Not sure this is how you meant it. If you mean to say that rights come from
governments that is not quite correct, at least not in the US.

Rights, in the US, are not GRANTED by government, they are RECOGNIZED by the
US Constitution to exist OUTSIDE OF GOVERNMENT (upper case is for emphasis
only). In other words, these rights don't require government in order to
exist. We are recognized to have them and government can't do a thing about it
other than to respect and protect them.

This is a massive difference with other systems that lots of people, both
inside and outside the US are not aware of.

Take the right to bare arms as an example. In most other nations, if it
exists, this is a right granted by government to the people. In the US this is
a right recognized by the constitution to exist despite and outside of
government.

Here's the key difference between "grant" and "recognize": The government
can't take away that which it does not own, did not and cannot grant.

An example of a right (well, a privilege) government can take away is your
driver's license. They grant it and they can take it away.

In the case of firearms, the US government does not have the ability to
confiscate weapons because that is not a right the government granted and,
therefore, they don't have unilateral power to cancel that right with a simple
bill. In fact, it takes a tremendously complex agreement across all States and
the federal government to make any changes to the US Constitution (2/3
majority in the Senate, House and all 50 State Legislatures). Even that does
not guarantee government to have the right to eliminate rights.

This is good. This means, among other things, that the government can't take
your freedom of speech away because they do not own it, they did not grant it.
It is recognized as a fundamental right. All rights in the Bill of Rights are
equal in this sense (as far as I know). If we weaken one of them (as many want
to do with firearms) you run the risk of opening Pandora's box and exposing
the people to government control of rights.

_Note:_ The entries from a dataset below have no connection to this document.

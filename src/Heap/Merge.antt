-- ===== src/Heap/Merge.antt =====
-- The two joins of `kfree`: a released block and the block behind it, the block in front and the
-- released one.
use hatcher.Base.{
  ℕ, ◌+◌, ◌^◌, ◌≤◌, ◌<◌, ◌≡◌, refl, ◌∙◌, true, false, List, [], ◌∷◌, arith, ◌==◌, u64, Bool-cases,
  inl, inr,
}
use hatcher.Effect.{Returns, returns, mono, ◌>>◌}
use hatcher.Heap.{Heap, block_size, load, set_prev, mark_free, merge_next, merge_prev}
use hatcher.Heap.Spec.{Seg, seg, after, absorb_next, absorb_prev}
use hatcher.Heap.Chain.{Chain, Chain-le, frame-update, relink}
use hatcher.Heap.Split.{Holds}

-- Two blocks one behind the other, of `x` and `y` bytes from `a` on, and what lies behind them.
record Pair (a x y : ℕ) : Type 0 where
  sum : u64 (x + u64 (block_size + y)) ≡ x + (block_size + y)
  nz : (a == 0) ≡ false
  next_nz : (a + block_size + x == 0) ≡ false
  last_nz : (a + block_size + x + block_size + y == 0) ≡ false
  next_away : (a + block_size + x == a) ≡ false
  last_away : (a + block_size + x + block_size + y == a) ≡ false
  last_next : (a + block_size + x + block_size + y == (a + block_size + x)) ≡ false
  self : (a == a) ≡ true
  behind : a + block_size + (x + (block_size + y)) ≡ a + block_size + x + block_size + y

pair : (a x y e : ℕ) → 0 < a → a + block_size + x + block_size + y ≤ e → e < 2 ^ 64 → Pair a x y
pair a x y e pos fit room = record {
  sum = omega arith;
  nz = ground arith;
  next_nz = ground arith;
  last_nz = ground arith;
  next_away = ground arith;
  last_away = ground arith;
  last_next = ground arith;
  self = ground arith;
  behind = omega arith;
}

-- The released block is the last one.
release_last :
    (m : Heap) (prev a e : ℕ) (s : Seg)
    → 0 < a
    → Chain m.header prev a (s ∷ []) e
    → Returns (λ _ m'. Holds m prev a (seg s.size true ∷ []) e m') ((mark_free a >> merge_next a) m)
unfolding mark_free merge_next load
release_last m prev a e s pos c =
    let nz : (a == 0) ≡ false = ground arith in
    let self : (a == a) ≡ true = ground arith in
    simp (nz, self, c.0)
      (returns (record {
        chain = (rw self, c.1);
        below = λ y lt. ground arith;
        head = refl;
        base = refl;
        total = refl;
        bytes = λ y. refl;
      }))

module _ (m : Heap) (prev a e : ℕ) (s n : Seg) (p : Pair a s.size n.size) where
  open p use {sum, nz, next_nz, last_nz, next_away, last_away, last_next, self, behind}

  -- The block behind the released one is in use.
  release_alone :
      (ss : List Seg)
      → n.free ≡ false
      → Chain m.header prev a (s ∷ n ∷ ss) e
      → Returns
          (λ _ m'. Holds m prev a (seg s.size true ∷ n ∷ ss) e m')
          ((mark_free a >> merge_next a) m)
  unfolding mark_free merge_next load
  release_alone ss busy c =
      simp (nz, self, c.0, next_nz, next_away, c.1.0, busy)
        (returns (record {
          chain = (rw self, frame-update m.header a _ a _ (n ∷ ss) e (omega arith) c.1);
          below = λ y lt. ground arith;
          head = refl;
          base = refl;
          total = refl;
          bytes = λ y. refl;
        }))

  -- The block behind the released one is free and the last.
  join_last :
      n.free ≡ true
      → Chain m.header prev a (s ∷ n ∷ []) e
      → Returns
          (λ _ m'. Holds m prev a (seg (s.size + (block_size + n.size)) true ∷ []) e m')
          ((mark_free a >> merge_next a) m)
  unfolding mark_free merge_next load
  join_last idle c =
      simp (nz, self, c.0, next_nz, next_away, c.1.0, idle, sum)
        (returns (record {
          chain = (rw self, behind ∙ c.1.1);
          below = λ y lt. ground arith;
          head = refl;
          base = refl;
          total = refl;
          bytes = λ y. refl;
        }))

  join_inner :
      (t : Seg) (ss : List Seg)
      → n.free ≡ true
      → Chain m.header prev a (s ∷ n ∷ t ∷ ss) e
      → Returns
          (λ _ m'. Holds m prev a (seg (s.size + (block_size + n.size)) true ∷ t ∷ ss) e m')
          ((mark_free a >> merge_next a) m)
  unfolding mark_free merge_next load set_prev
  join_inner t ss idle c =
      simp (nz, self, c.0, next_nz, next_away, last_nz, last_away, c.1.0, c.1.1.0, idle, sum)
        (returns (record {
          chain = (
            ground arith,
            relink _ a (after (after a s) n) _ t ss e behind (ground arith) (λ y lt. ground arith)
                c.1.1,
          );
          below = λ y lt. ground arith;
          head = refl;
          base = refl;
          total = refl;
          bytes = λ y. refl;
        }))

-- After the first two steps of `kfree` the block at `a` is free, with the block behind it in it if
-- that was free.
pub merge_next-absorb :
    (m : Heap) (prev a e : ℕ) (s : Seg) (ss : List Seg)
    → 0 < a
    → e < 2 ^ 64
    → Chain m.header prev a (s ∷ ss) e
    → Returns
        (λ _ m'. Holds m prev a (absorb_next s.size ss) e m')
        ((mark_free a >> merge_next a) m)
unfolding absorb_next
merge_next-absorb m prev a e s [] pos room c = release_last m prev a e s pos c
merge_next-absorb m prev a e s (n ∷ ss) pos room c = elim (Bool-cases n.free) [
  | inl idle ↦ simp idle (join idle ss c)
  | inr busy ↦ simp busy (release_alone m prev a e s n two ss busy c)
]
  where
    two : Pair a s.size n.size
    two =
        pair a s.size n.size e pos
          (omega (arith, Chain-le m.header _ (after (after a s) n) ss e c.1.1)) room

    join :
        n.free ≡ true
        → (ts : List Seg) → Chain m.header prev a (s ∷ n ∷ ts) e
        → Returns
            (λ _ m'. Holds m prev a (seg (s.size + (block_size + n.size)) true ∷ ts) e m')
            ((mark_free a >> merge_next a) m)
    join idle [] d = join_last m prev a e s n two idle d
    join idle (t ∷ ts) d = join_inner m prev a e s n two t ts idle d

-- A block with none in front of it stays as it is.
pub merge_prev_first :
    (m : Heap) (a e : ℕ) (s : Seg) (ss : List Seg)
    → 0 < a
    → Chain m.header 0 a (s ∷ ss) e
    → Returns (λ _ m'. m' ≡ m) (merge_prev a m)
unfolding merge_prev load
merge_prev_first m a e s ss pos c =
    let nz : (a == 0) ≡ false = ground arith in simp (nz, c.0) (returns refl)

module _ (m : Heap) (prev a e : ℕ) (s n : Seg) (p : Pair a s.size n.size) where
  open p use {sum, nz, next_nz, last_nz, next_away, last_away, last_next, self, behind}

  prev_busy :
      (ss : List Seg)
      → s.free ≡ false
      → Chain m.header prev a (s ∷ n ∷ ss) e
      → Returns (λ _ m'. m' ≡ m) (merge_prev (after a s) m)
  unfolding merge_prev load
  prev_busy ss busy c = simp (next_nz, c.1.0, nz, c.0, busy) (returns refl)

  prev_last :
      s.free ≡ true
      → Chain m.header prev a (s ∷ n ∷ []) e
      → Returns
          (λ _ m'. Holds m prev a (seg (s.size + (block_size + n.size)) true ∷ []) e m')
          (merge_prev (after a s) m)
  unfolding merge_prev load
  prev_last idle c =
      simp (next_nz, c.1.0, nz, c.0, idle, sum)
        (returns (record {
          chain = (ground arith, behind ∙ c.1.1);
          below = λ y lt. ground arith;
          head = refl;
          base = refl;
          total = refl;
          bytes = λ y. refl;
        }))

  prev_inner :
      (t : Seg) (ss : List Seg)
      → s.free ≡ true
      → Chain m.header prev a (s ∷ n ∷ t ∷ ss) e
      → Returns
          (λ _ m'. Holds m prev a (seg (s.size + (block_size + n.size)) true ∷ t ∷ ss) e m')
          (merge_prev (after a s) m)
  unfolding merge_prev load set_prev
  prev_inner t ss idle c =
      simp (next_nz, last_nz, last_away, c.1.0, nz, c.0, idle, sum, c.1.1.0)
        (returns (record {
          chain = (
            ground arith,
            relink _ a (after (after a s) n) _ t ss e behind (ground arith) (λ y lt. ground arith)
                c.1.1,
          );
          below = λ y lt. ground arith;
          head = refl;
          base = refl;
          total = refl;
          bytes = λ y. refl;
        }))

Holds-refl :
    (m : Heap) (prev a : ℕ) (ss : List Seg) (e : ℕ) (m' : Heap)
    → m' ≡ m
    → Chain m.header prev a ss e
    → Holds m prev a ss e m'
Holds-refl m prev a ss e m' same c = rw same (record {
  chain = c;
  below = λ y lt. refl;
  head = refl;
  base = refl;
  total = refl;
  bytes = λ y. refl;
})

-- The last step of `kfree`: the block in front, if it is free, takes the released one in.
pub merge_prev-absorb :
    (m : Heap) (prev a e : ℕ) (s n : Seg) (ss : List Seg)
    → 0 < a
    → e < 2 ^ 64
    → Chain m.header prev a (s ∷ n ∷ ss) e
    → Returns (λ _ m'. Holds m prev a (absorb_prev s (n ∷ ss)) e m') (merge_prev (after a s) m)
unfolding absorb_prev
merge_prev-absorb m prev a e s n ss pos room c = elim (Bool-cases s.free) [
  | inl idle ↦ simp idle (join idle ss c)
  | inr busy ↦ simp busy (
      mono (prev_busy m prev a e s n two ss busy c)
        λ _ m' same. Holds-refl m prev a (s ∷ n ∷ ss) e m' same c)
]
  where
    two : Pair a s.size n.size
    two =
        pair a s.size n.size e pos
          (omega (arith, Chain-le m.header _ (after (after a s) n) ss e c.1.1)) room

    join :
        s.free ≡ true
        → (ts : List Seg) → Chain m.header prev a (s ∷ n ∷ ts) e
        → Returns
            (λ _ m'. Holds m prev a (seg (s.size + (block_size + n.size)) true ∷ ts) e m')
            (merge_prev (after a s) m)
    join idle [] d = prev_last m prev a e s n two idle d
    join idle (t ∷ ts) d = prev_inner m prev a e s n two t ts idle d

It's an interesting problem.

Coming from this perspective it is hard to understand why people in any nation
would want to live in an environment where the government owns and grants
rights --and can take them away at will. If the idea is that government works
for us --they are our representatives-- why in the world would it make sense
that they would be able to take away our rights? Imperfect analogy: It's like
a project manager hiring a worker and then having that worker fire the project
manager.

PS.: A lot of anti-gun activists keep pointing at places like New Zealand and
their gun confiscation and buy-back programs. The typical cry is "We should do
the same". Well, we can't. Government did not grant, nor does it own that
right. And it can't take it away. In many ways this kind of activism is
nothing less than futile and even nonsensical. It's almost like demanding that
we change the gravitational constant in that it is about as likely.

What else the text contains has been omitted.